When the shadows take

When the shadows take over the night your tomb becomes airless. The shadows of all of these things you cannot resolve replace a solid world where light swells perpetually outward, holding the walls and the sky aloft and visible, away from where you cower. You can see them but they are blank. Not even the occupation of honest avoidance can bloom just before dawn. You cannot continue to face the blank wall or the blank patio, to find an object that buoys your descent or adopts the causes of your decay. Upon the ocean floor there is nothing to transfer your body into. You begin to panic. You have no mass and no extent and not context. You feel your hand reaching out before your eyes but it is not there, only the ambiguous white abyss of dawn. You cannot confront anything or flee. You cannot see when there is nothing to see. If it all went away, could you breathe.
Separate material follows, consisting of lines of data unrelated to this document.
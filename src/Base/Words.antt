-- ===== src/Base/Words.antt =====
-- The fixed widths of the source: casts, wrapping subtraction, complement, shifts, and the
-- little-endian bytes of a word, which is how the supported boards lay out memory.
use Prim.Native.Nat.{bit_or}
use Prim.Native.Nat.{ℕ, ◌+◌, ◌-◌, ◌*◌, ◌/◌, ◌%◌, ◌^◌, ◌<◌}
use mathlib.Core.Path.{◌≡◌}
use mathlib.Core.List.{List, [], ◌∷◌}
use native.Mathlib.Omega.{arith}

abbrev pub u8 : ℕ → ℕ
u8 n = n % 2 ^ 8

abbrev pub u16 : ℕ → ℕ
u16 n = n % 2 ^ 16

abbrev pub u32 : ℕ → ℕ
u32 n = n % 2 ^ 32

-- uint32_t a - b, with its wrap.
abbrev pub sub32 : ℕ → ℕ → ℕ
sub32 a b = (a + 2 ^ 32 - b) % 2 ^ 32

-- ~a at 32 bits.
abbrev pub not32 : ℕ → ℕ
not32 a = 2 ^ 32 - 1 - a

infixl 75 ◌<<<◌ ◌>>>◌
abbrev pub ◌<<<◌ : ℕ → ℕ → ℕ
x <<< k = x * 2 ^ k

abbrev pub ◌>>>◌ : ℕ → ℕ → ℕ
x >>> k = x / 2 ^ k

-- The words that the packets hold big-endian: (hi << 8) | lo, and the same of four bytes.
abbrev pub be16 : ℕ → ℕ → ℕ
be16 hi lo = bit_or (hi <<< 8) lo

abbrev pub be32 : ℕ → ℕ → ℕ → ℕ → ℕ
be32 a b c d = bit_or (bit_or (bit_or (a <<< 24) (b <<< 16)) (c <<< 8)) d

abbrev pub le16_bytes : ℕ → List ℕ
le16_bytes w = w % 256 ∷ w / 256 % 256 ∷ []

abbrev pub le32_bytes : ℕ → List ℕ
le32_bytes w = w % 256 ∷ w / 256 % 256 ∷ w / 65536 % 256 ∷ w / 16777216 % 256 ∷ []

abbrev pub le16 : ℕ → ℕ → ℕ
le16 a b = a + b * 256

abbrev pub le32 : ℕ → ℕ → ℕ → ℕ → ℕ
le32 a b c d = a + b * 256 + c * 65536 + d * 16777216

pub le16_roundtrip : (w : ℕ) → w < 2 ^ 16 → le16 (w % 256) (w / 256 % 256) ≡ w
le16_roundtrip w h = omega arith

pub le32_roundtrip :
    (w : ℕ) → w < 2 ^ 32 → le32 (w % 256) (w / 256 % 256) (w / 65536 % 256) (w / 16777216 % 256) ≡ w
le32_roundtrip w h = omega arith
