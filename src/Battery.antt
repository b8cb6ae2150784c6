-- ===== src/Battery.antt =====
-- src/VIA_Battery.h: the averaged battery level.
pub mod Average
use via_arduino.Base.{ℕ, ◌+◌, ◌-◌, ◌*◌, ◌/◌, ◌^◌, Bool, true, false, List}
use via_arduino.Base.{
  get_or, set, replicate, leb, ltb, ◌==◌, if◌then◌else◌, u8, u16, u32, sub32, ◌<<<◌,
}

pub record BatteryMgr : Type 0 where
  pub min_mv : ℕ
  pub max_mv : ℕ
  pub vref_mv : ℕ
  pub adc_bits : ℕ
  pub avg_samples : ℕ
  pub is_charging : Bool
  pub circular : List ℕ
  pub sample_index : ℕ
  pub sample_count : ℕ
  pub sample_sum : ℕ

abbrev pub new_battery : BatteryMgr
new_battery = record {
  min_mv = 3200;
  max_mv = 4200;
  vref_mv = 3300;
  adc_bits = 12;
  avg_samples = 32;
  is_charging = false;
  circular = replicate 32 0;
  sample_index = 0;
  sample_count = 0;
  sample_sum = 0;
}

unfoldable pub set_calibration : ℕ → ℕ → BatteryMgr → BatteryMgr
set_calibration min_mv max_mv m = record m { min_mv = min_mv; max_mv = max_mv }

unfoldable pub set_average_samples : ℕ → BatteryMgr → BatteryMgr
set_average_samples n m = record m { avg_samples = n }

unfoldable pub set_charging : Bool → BatteryMgr → BatteryMgr
set_charging state m = record m { is_charging = state }

unfoldable pub set_vref : ℕ → BatteryMgr → BatteryMgr
set_vref vref_mv m = record m { vref_mv = vref_mv }

unfoldable pub set_adc_bits : ℕ → BatteryMgr → BatteryMgr
set_adc_bits bits m = record m { adc_bits = bits }

-- The greatest reading, (1 << adcBits_) - 1; the source divides by it, so adcBits_ is not 0.
abbrev pub max_raw : BatteryMgr → ℕ
max_raw m = sub32 (u32 (1 <<< m.adc_bits)) 1

unfoldable pub raw_to_mv : ℕ → BatteryMgr → ℕ
raw_to_mv raw m = u16 (u32 (raw * m.vref_mv) / max_raw m)

unfoldable pub raw_from_mv : ℕ → BatteryMgr → ℕ
raw_from_mv mv m =
    let raw = u32 (mv * max_raw m) / m.vref_mv in if ltb 65535 raw then 65535 else u16 raw

-- The reading in millivolts, held between minMv_ and maxMv_.
unfoldable pub clamped : ℕ → BatteryMgr → ℕ
unfolding raw_to_mv
clamped raw m =
    let mv = raw_to_mv raw m in
    let low = if ltb mv m.min_mv then m.min_mv else mv in if ltb m.max_mv low then m.max_mv else low

unfoldable pub update : ℕ → BatteryMgr → BatteryMgr
unfolding clamped
update raw m =
    let mv = clamped raw m in
    let next = u8 (m.sample_index + 1) in
    record m {
      sample_sum = sub32 (u32 (m.sample_sum + mv)) (get_or m.circular m.sample_index 0);
      circular = set m.circular m.sample_index mv;
      sample_count =
          if ltb m.sample_count m.avg_samples then m.sample_count + 1 else m.sample_count;
      sample_index = if leb m.avg_samples next then 0 else next;
    }

unfoldable pub average_mv : BatteryMgr → ℕ
average_mv m = u16 (m.sample_sum / m.sample_count)

unfoldable pub percentage : BatteryMgr → ℕ
unfolding average_mv
percentage m =
    if m.sample_count == 0
    then 0
    else if leb (average_mv m) m.min_mv
    then 0
    else if leb m.max_mv (average_mv m)
    then 100
    else u8 ((average_mv m - m.min_mv) * 100 / (m.max_mv - m.min_mv))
Currents of paler and paler emptiness, the colour of warm steam, settle into your eyes, each so distant a vapour that you cannot predict a more barren vacuum to fall into. Each shade further away pulls the breath closer and closer to your lips, divesting you into the unformed moments of the slowly waking day, the city invisibly chilled and slowed. With the breath rushes all of the night shivers and imprecations from your still sleep into a torrent of pasty foam and beige bile, through your throat which crushes shut behind it and slaking your lips and face, out across the sea floor and into your hair. It happens gently, with everything unseen loosing your numbness into the wet and tenuous essences of spume and tears. As you cough more your body gives nothing up but crunches smaller and smaller, folding in on itself. You cough when there is nothing left, in you or around you, a barely living reflex that keeps you made of body. When you leave the things and places that incorporated you, you leave. Everything slows in you. The egesta should float away into tendrils of invisible powder. Without your breath it should dry up. Without sun or lamplight it should not be. You lay with your cheek in it, your eye looking across it, something real and finally terminal. In the early morning when you have expelled your essence into sleep, your body feels the weight of dematerialization, divided humours, the abandonments of physical promises, into useless acuity.